Sorry I miss understood the question. I thought you wanted a web seal type of certification . I do think people should have some way of showing there ability to. if it's the people you want certified that is a good idea sorry for the miss understanding

Lucy Greco
Assistive Technology Specialist
Disabled Student's Program UC Berkeley
(510) 643-7591
http://attlc.berkeley.edu
http://webaccess.berkeley.edu


-----Original Message-----
From: <EMAIL REMOVED> [mailto: <EMAIL REMOVED> ] On Behalf Of Bevi Chagnon
Sent: Wednesday, November 09, 2011 6:35 PM
To: 'WebAIM Discussion List'
Subject: Re: [WebAIM] WCAG certifications, are there any official requirements to certify a website?

Lucy, I understand your frustration with certifications, but following your logic gives us these situations:

Medical diseases and their treatments are not static, yet certification as a doctor by a medical board is.
Laws are not static, yet certification as a lawyer by a legal bar association is.
Continue with this logic for many more professions, including Adobe's ACE certifications for its products.

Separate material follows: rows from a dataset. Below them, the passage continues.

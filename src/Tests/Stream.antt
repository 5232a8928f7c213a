-- ===== src/Tests/Stream.antt =====
-- The picture server's run with one frame taken and sent, and the client that reads it.
use edaf55_project.Base.{
  ℕ, ◌≡◌, refl, List, [], ◌++◌, take, drop, length, pos, true, false, arith, codes, take-length,
}
use edaf55_project.Socket.{Socket}
use edaf55_project.FakeCapture.{
  File, MediaFrame, contents, capture_get_frame, capture_open_stream, frame_of,
}
use edaf55_project.Camera.{Camera}
use edaf55_project.CameraMonitor.{CameraMonitor, get_pic_take_send, flip_pic_take_send}
use edaf55_project.Server.Frames.{try_send_frame}
use edaf55_project.Server.Frames.Taking.{try_get_frame-taken}
use edaf55_project.Server.Frames.Delivery.{IsBuffer, saved, packet_of, send_saved, saved-IsBuffer}
use edaf55_project.Server.Tasks.{enter, lock, go, flip, unlock, broadcast, by_taker, by_sender}
use edaf55_project.Server.Stream.{
  Live, LiveReach, begun, then_step, between, takes, sends, begin_live,
}
use edaf55_project.Server.Stream.Relay.{
  Relay, RelayReach, empty_relay, accepted, packets, held_list,
}
use edaf55_project.Server.Stream.Effects.{TakesAll}
use edaf55_project.Server.Stream.Refines.{LiveReach-RelayReach}
use edaf55_project.Server.Stream.Film.{IsFilm, LiveReach-IsFilm}
use edaf55_project.PictureReciever.{receive_pictures}
use edaf55_project.PictureReciever.Delivers.{pictures_of, receive_pictures-LiveReach}
use edaf55_project.Tests.Reading.{at_once, at_once-IsPrompt}
use edaf55_project.Tests.Pictures.{zeros, zeros-length}

-- A socket that takes all it is offered; its state is what has gone out.
abbrev pub line : Socket
line = record { State = List ℕ; send = λ s d. (pos (length d), s ++ d); wire = λ s. s }

pub line-TakesAll : TakesAll line
line-TakesAll = record {
  lawful = record {
    bounded = λ s t d k h. ground arith;
    progress = λ s t d k h hd. ground arith;
    delivers = λ s t d k h. ground (arith, take-length d);
    fails = λ s t d e h. cc;
  };
  all_of_it = λ s d. refl;
}

abbrev pub disk : List ℕ → File
disk n = contents (codes "jpg")

abbrev pub monitor : CameraMonitor
monitor = record {
  pic_packet = zeros;
  mode = pos 0;
  pic_taken = false;
  pic_sent = true;
  pic_take_send = 0;
  connfd = pos 4;
  connmodefd = pos 5;
  packet_sz = pos 0;
  cam = true;
}

abbrev pub camera : Camera
camera = record { frame_nbr = 0; stream = capture_open_stream }

abbrev pub shot : MediaFrame
shot = frame_of 1 2 (codes "jpg")

-- The taker has captured a frame.
taken_run : (c : Live line) × LiveReach disk line (begin_live line monitor camera []) c
unfolding get_pic_take_send capture_get_frame capture_open_stream frame_of try_send_frame
taken_run = (
  _,
  then_step
      (then_step
        (then_step (then_step begun (between (by_taker (enter refl)) refl refl))
          (between (by_taker (lock refl)) refl refl))
        (between (by_taker (go refl)) refl refl))
      (takes 1 2 zeros shot _ _ _ zeros-length refl refl refl
        (try_get_frame-taken disk 1 2 zeros camera monitor zeros-length zeros-length)),
)

-- The sender has sent it.
unfoldable pub sent_run :
    (c : Live line) × LiveReach disk line (begin_live line monitor camera []) c
unfolding taken_run flip_pic_take_send get_pic_take_send capture_get_frame capture_open_stream
    frame_of try_send_frame
sent_run =
    let m : CameraMonitor = saved shot (drop 13 zeros) monitor in
    let whole : IsBuffer m.pic_packet =
      saved-IsBuffer zeros shot monitor zeros-length refl (omega arith) in
    (
      _,
      then_step
          (then_step
            (then_step
              (then_step
                (then_step
                  (then_step (then_step taken_run.1 (between (by_taker flip) refl refl))
                    (between (by_taker unlock) refl refl))
                  (between (by_taker broadcast) refl refl))
                (between (by_sender (enter refl)) refl refl))
              (between (by_sender (lock refl)) refl refl))
            (between (by_sender (go refl)) refl refl))
          (sends zeros 0 (packet_of shot) zeros-length refl refl
            (send_saved line line-TakesAll.lawful zeros (drop 13 zeros) shot
              (record monitor { pic_take_send = 1 }) [] (packet_of shot) zeros-length whole refl
              (omega arith) refl).0),
    )

LiveReach-RelayReach_example :
    (r : Relay) × RelayReach empty_relay r
    × ((sent_run.0).conn ≡ [] ++ packets r.delivered)
    × ((sent_run.0).shots ≡ accepted r)
LiveReach-RelayReach_example =
    LiveReach-RelayReach disk line monitor camera [] line-TakesAll refl zeros-length sent_run.1

LiveReach-IsFilm_example : IsFilm disk 0 (sent_run.0).shots
LiveReach-IsFilm_example = LiveReach-IsFilm disk line monitor camera [] refl sent_run.1

receive_pictures-LiveReach_example :
    (r : Relay) × RelayReach empty_relay r
    × ((sent_run.0).shots ≡ r.delivered ++ held_list r.held)
    × (receive_pictures at_once 2 (packet_of shot) ≡ take 2 (pictures_of r.delivered))
unfolding sent_run
receive_pictures-LiveReach_example =
    receive_pictures-LiveReach disk line monitor camera [] at_once (packet_of shot) 2 line-TakesAll
      refl zeros-length sent_run.1 (omega arith, tt) at_once-IsPrompt refl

What's needed is a certification process that allows people interested in the field to acquire the subject knowledge and be tested. This helps prospective employers (or clients) evaluate whether the person has at least been exposed to the concepts. No certification program can guarantee that the person will perform perfectly for an indefinite time. Medical, legal, and other professions require recertification after x period of years.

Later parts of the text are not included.